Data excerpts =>
>>

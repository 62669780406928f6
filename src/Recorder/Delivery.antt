-- ===== src/Recorder/Delivery.antt =====
-- The rows in the buffers of data/writer.py, by their keys.
use binance_algo.Base.{
  subst, eq_refl, ℕ, true, false, List, [], ◌∷◌, ◌++◌, if◌then◌else◌, ◌+◌, ◌≡◌, refl, sym, ◌∙◌, ap,
  arith, inl, inr, eq_iff, Bool-cases, length,
}
use binance_algo.Recorder.Buffers.{
  key_eq, insert_batch, PartitionKey, key_leb, Batch, sort_batches, add_row,
}
use text.Mathlib.TextPositions.{compare_refl}
use mathlib.Core.List.{append_assoc, append-nil}

key_eq_iff : (a b : PartitionKey) → key_eq a b ≡ true → a ≡ b
key_eq_iff a b same =
    let types = (eq_iff a.event_type b.event_type).0 (ground arith) in
    let days = (eq_iff a.day b.day).0 (ground arith) in
    let hours : a.hour ≡ b.hour = ground arith in
    let symbols = (eq_iff a.symbol b.symbol).0 (ground arith) in
    λ i. record { event_type = types i; day = days i; hour = hours i; symbol = symbols i }

key_leb_refl : (a : PartitionKey) → key_leb a a ≡ true
unfolding key_leb
key_leb_refl a = ground (arith, eq_refl a.event_type, eq_refl a.day, compare_refl a.symbol)

same_key : (i j k : PartitionKey) → key_eq i k ≡ true → key_eq j k ≡ true → i ≡ j
same_key i j k first second = key_eq_iff i k first ∙ sym (key_eq_iff j k second)

key_eq_refl : (a : PartitionKey) → key_eq a a ≡ true
key_eq_refl a = rw (eq_refl a.event_type, eq_refl a.day, eq_refl a.symbol) (ground arith)

key_eq_comm : (a b : PartitionKey) → key_eq a b ≡ false → key_eq b a ≡ false
key_eq_comm a b apart = elim (Bool-cases (key_eq b a)) [
  | inl same ↦
      let back : key_eq a b ≡ true = rw (key_eq_iff b a same) (key_eq_refl a) in ground arith
  | inr other ↦ other
]

module _ {Row : Type 0} where
  length_snoc : (rows : List Row) (row : Row) → length (rows ++ (row ∷ [])) ≡ length rows + 1
  length_snoc [] row = omega arith
  length_snoc (r ∷ rows) row = ground (arith, length_snoc rows row)

  -- The rows of the batches with a key, in their order.
  unfoldable pub rows_in : PartitionKey → List (Batch Row) → List Row
  rows_in k [] = []
  rows_in k ((j, rows) ∷ rest) =
      let below = rows_in k rest in if key_eq j k then rows ++ below else below

  -- The keys of a dictionary are apart.
  abbrev pub IsDict : List (Batch Row) → Type 0
  IsDict [] = Unit
  IsDict ((k, rows) ∷ rest) = (rows_in k rest ≡ []) × IsDict rest

  abbrev pub total : List (Batch Row) → ℕ
  total [] = 0
  total ((k, rows) ∷ rest) = length rows + total rest

  pub rows_in-append :
      (k : PartitionKey) (first bs : List (Batch Row))
      → rows_in k (first ++ bs) ≡ rows_in k first ++ rows_in k bs
  unfolding rows_in
  rows_in-append k [] bs = refl
  rows_in-append k ((j, rows) ∷ first) bs = elim (Bool-cases (key_eq j k)) [
    | inl here ↦
        rw (here, rows_in-append k first bs)
          (sym (append_assoc rows (rows_in k first) (rows_in k bs)))
    | inr other ↦ rw (other) (rows_in-append k first bs)
  ]

  rows_in-insert :
      (k j : PartitionKey) (rows : List Row) (bs : List (Batch Row))
      → rows_in k (insert_batch (j, rows) bs) ≡ rows_in k ((j, rows) ∷ bs)
  unfolding rows_in insert_batch
  rows_in-insert k j rows [] = refl
  rows_in-insert k j rows ((i, others) ∷ bs) = elim (Bool-cases (key_leb j i)) [
    | inl before ↦ rw before refl
    | inr after ↦
        rw (after, rows_in-insert k j rows bs)
          (elim (Bool-cases (key_eq i k)) [
            | inl below ↦ elim (Bool-cases (key_eq j k)) [
              | inl here ↦
                  let before : key_leb j i ≡ true =
                    rw (same_key i j k below here) (key_leb_refl j) in
                  ground arith
              | inr other ↦ rw (below, other) refl
            ]
            | inr missed ↦ rw missed refl
          ])
  ]

  pub rows_in-sort :
      (k : PartitionKey) (bs : List (Batch Row)) → rows_in k (sort_batches bs) ≡ rows_in k bs
  unfolding rows_in sort_batches
  rows_in-sort k [] = refl
  rows_in-sort k ((j, rows) ∷ bs) =
      rows_in-insert k j rows (sort_batches bs) ∙ rw (rows_in-sort k bs)

  pub rows_in-add :
      (k j : PartitionKey) (row : Row) (bs : List (Batch Row))
      → IsDict bs
      → rows_in k (add_row j row bs) ≡ rows_in k bs ++ (if key_eq j k then row ∷ [] else [])
  unfolding rows_in add_row
  rows_in-add k j row [] dict = refl
  rows_in-add k j row ((i, rows) ∷ bs) (apart, dict) = elim (Bool-cases (key_eq i j)) [
    | inl here ↦
        let equal = key_eq_iff i j here in
        rw here (elim (Bool-cases (key_eq i k)) [
          | inl mine ↦
              let mine' = subst (λ x. key_eq x k ≡ true) equal mine in
              let empty = subst (λ x. rows_in x bs ≡ []) (key_eq_iff i k mine) apart in
              rw (mine, mine', empty)
                (append-nil (rows ++ (row ∷ []))
                  ∙ ap (λ xs. xs ++ (row ∷ [])) (sym (append-nil rows)))
          | inr other ↦
              let other' = subst (λ x. key_eq x k ≡ false) equal other in
              rw (other, other') (sym (append-nil (rows_in k bs)))
        ])
    | inr other ↦
        rw (other, rows_in-add k j row bs dict)
          (elim (Bool-cases (key_eq i k)) [
            | inl mine ↦
                rw mine
                  (sym (append_assoc rows (rows_in k bs) (if key_eq j k then row ∷ [] else [])))
            | inr not_mine ↦ rw not_mine refl
          ])
  ]

  pub IsDict-add :
      (j : PartitionKey) (row : Row) (bs : List (Batch Row)) → IsDict bs → IsDict (add_row j row bs)
  unfolding rows_in add_row
  IsDict-add j row [] dict = (refl, tt)
  IsDict-add j row ((i, rows) ∷ bs) (apart, dict) = elim (Bool-cases (key_eq i j)) [
    | inl here ↦ rw here (apart, dict)
    | inr other ↦ rw other (
      rw (rows_in-add i j row bs dict, apart, key_eq_comm i j other) refl,
      IsDict-add j row bs dict,
    )
  ]

  pub total-add :
      (j : PartitionKey) (row : Row) (bs : List (Batch Row))
      → total (add_row j row bs) ≡ total bs + 1
  unfolding add_row
  total-add j row [] = omega arith
  total-add j row ((i, rows) ∷ bs) = ground (arith, total-add j row bs, length_snoc rows row)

<<

Please write out, exactly as they appear above, only the lines in the stretch from the line with "(k j : PartitionKey) (row : Row)" through the line with "let equal = key_eq_iff i j here in".

      (k j : PartitionKey) (row : Row) (bs : List (Batch Row))
      → IsDict bs
      → rows_in k (add_row j row bs) ≡ rows_in k bs ++ (if key_eq j k then row ∷ [] else [])
  unfolding rows_in add_row
  rows_in-add k j row [] dict = refl
  rows_in-add k j row ((i, rows) ∷ bs) (apart, dict) = elim (Bool-cases (key_eq i j)) [
    | inl here ↦
        let equal = key_eq_iff i j here in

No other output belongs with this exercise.